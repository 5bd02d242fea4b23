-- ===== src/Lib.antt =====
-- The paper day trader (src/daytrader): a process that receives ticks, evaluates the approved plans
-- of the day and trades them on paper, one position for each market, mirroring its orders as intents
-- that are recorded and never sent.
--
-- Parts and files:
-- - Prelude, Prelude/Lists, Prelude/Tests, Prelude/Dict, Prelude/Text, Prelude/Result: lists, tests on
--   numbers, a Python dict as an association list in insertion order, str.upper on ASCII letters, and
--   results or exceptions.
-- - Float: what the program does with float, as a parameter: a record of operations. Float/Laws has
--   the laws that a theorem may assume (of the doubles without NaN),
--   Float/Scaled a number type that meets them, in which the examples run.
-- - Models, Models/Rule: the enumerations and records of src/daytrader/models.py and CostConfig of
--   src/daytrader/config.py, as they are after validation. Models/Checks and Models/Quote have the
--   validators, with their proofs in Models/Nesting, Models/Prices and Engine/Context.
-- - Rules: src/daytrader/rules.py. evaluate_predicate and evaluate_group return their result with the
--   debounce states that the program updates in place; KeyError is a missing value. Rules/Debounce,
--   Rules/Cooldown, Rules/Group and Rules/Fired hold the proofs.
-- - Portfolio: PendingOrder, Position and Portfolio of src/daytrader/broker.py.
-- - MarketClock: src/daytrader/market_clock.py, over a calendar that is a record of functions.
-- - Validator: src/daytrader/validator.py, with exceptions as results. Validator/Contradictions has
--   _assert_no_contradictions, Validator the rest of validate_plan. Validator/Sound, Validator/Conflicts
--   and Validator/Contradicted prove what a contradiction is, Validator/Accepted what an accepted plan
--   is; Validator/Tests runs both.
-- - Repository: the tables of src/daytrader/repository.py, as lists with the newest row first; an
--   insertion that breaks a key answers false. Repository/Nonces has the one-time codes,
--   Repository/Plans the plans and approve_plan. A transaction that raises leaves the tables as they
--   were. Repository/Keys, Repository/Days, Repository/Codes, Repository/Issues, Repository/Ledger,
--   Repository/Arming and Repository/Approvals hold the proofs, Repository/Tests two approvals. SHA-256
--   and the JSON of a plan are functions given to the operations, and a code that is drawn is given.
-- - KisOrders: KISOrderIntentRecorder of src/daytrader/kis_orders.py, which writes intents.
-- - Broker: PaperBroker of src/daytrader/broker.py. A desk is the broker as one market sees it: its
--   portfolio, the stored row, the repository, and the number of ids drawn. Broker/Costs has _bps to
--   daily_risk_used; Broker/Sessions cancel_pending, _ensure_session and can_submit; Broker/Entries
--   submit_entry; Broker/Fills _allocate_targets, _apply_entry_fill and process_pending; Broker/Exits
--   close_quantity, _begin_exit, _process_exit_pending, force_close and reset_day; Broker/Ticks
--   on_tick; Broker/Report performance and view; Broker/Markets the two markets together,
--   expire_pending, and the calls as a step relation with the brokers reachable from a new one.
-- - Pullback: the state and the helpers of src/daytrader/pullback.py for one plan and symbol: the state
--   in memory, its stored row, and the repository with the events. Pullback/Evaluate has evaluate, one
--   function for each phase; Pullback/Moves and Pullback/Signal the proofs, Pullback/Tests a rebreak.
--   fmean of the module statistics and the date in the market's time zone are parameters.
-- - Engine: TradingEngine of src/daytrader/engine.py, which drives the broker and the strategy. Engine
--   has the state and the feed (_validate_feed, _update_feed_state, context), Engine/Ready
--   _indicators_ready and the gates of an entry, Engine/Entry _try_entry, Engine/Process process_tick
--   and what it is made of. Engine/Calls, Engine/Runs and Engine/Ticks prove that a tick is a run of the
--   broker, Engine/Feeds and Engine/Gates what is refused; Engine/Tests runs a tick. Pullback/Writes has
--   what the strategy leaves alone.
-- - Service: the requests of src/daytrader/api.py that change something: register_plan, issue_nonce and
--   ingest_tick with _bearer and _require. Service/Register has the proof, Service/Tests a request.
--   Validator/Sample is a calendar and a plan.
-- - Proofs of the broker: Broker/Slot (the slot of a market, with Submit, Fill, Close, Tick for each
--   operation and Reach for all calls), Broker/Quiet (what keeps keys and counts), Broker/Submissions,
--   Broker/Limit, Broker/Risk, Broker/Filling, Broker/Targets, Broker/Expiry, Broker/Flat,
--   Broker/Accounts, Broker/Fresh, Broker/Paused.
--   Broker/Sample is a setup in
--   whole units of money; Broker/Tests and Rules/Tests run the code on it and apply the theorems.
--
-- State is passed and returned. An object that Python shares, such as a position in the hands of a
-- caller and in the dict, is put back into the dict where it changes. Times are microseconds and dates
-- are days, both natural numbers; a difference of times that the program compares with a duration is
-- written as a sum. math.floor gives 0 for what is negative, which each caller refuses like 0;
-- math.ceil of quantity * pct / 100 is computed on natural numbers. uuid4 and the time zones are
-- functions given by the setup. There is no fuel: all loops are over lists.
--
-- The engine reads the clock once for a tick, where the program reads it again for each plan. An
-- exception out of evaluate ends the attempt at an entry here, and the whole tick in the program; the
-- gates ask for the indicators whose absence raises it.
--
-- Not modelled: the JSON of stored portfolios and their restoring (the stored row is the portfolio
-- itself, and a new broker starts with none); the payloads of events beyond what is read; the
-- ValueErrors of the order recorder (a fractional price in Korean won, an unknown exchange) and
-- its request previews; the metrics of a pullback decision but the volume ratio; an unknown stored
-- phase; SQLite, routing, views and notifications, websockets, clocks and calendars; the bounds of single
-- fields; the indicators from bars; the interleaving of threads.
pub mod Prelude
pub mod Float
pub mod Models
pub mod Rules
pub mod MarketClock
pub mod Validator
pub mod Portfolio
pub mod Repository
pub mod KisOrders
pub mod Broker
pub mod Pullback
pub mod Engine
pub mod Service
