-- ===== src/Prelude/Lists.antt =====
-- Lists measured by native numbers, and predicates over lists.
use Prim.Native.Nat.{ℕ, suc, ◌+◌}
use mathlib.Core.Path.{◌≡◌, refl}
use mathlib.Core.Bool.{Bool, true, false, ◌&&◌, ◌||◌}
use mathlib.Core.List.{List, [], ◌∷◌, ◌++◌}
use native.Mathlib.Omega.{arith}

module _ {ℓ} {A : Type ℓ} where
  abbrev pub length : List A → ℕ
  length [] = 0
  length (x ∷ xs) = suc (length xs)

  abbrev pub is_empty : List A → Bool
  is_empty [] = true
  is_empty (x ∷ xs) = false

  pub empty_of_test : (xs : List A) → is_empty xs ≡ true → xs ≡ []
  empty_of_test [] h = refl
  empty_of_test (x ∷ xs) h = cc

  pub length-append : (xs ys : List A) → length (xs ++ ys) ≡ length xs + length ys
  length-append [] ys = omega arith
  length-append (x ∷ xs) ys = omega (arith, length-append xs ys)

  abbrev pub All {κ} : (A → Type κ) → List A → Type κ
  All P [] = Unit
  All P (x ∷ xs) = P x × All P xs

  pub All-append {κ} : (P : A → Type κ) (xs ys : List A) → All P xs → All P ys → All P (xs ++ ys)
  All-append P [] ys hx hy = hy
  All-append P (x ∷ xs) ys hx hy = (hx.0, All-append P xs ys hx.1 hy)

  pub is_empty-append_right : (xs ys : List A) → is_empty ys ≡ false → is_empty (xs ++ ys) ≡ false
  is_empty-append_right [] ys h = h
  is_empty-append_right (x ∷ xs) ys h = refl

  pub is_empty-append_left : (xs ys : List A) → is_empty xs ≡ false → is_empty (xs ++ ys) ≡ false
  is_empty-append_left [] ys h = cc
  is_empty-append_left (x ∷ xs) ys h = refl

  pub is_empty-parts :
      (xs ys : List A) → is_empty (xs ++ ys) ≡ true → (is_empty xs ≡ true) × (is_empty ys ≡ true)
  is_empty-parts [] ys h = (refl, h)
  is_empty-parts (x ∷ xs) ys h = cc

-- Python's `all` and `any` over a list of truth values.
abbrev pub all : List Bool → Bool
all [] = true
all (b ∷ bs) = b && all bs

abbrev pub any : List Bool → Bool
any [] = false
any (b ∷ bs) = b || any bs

···

Within the data above, find the lines that contain the word "intents" and copy each of them.

-- of the day and trades them on paper, one position for each market, mirroring its orders as intents
-- - KisOrders: KISOrderIntentRecorder of src/daytrader/kis_orders.py, which writes intents.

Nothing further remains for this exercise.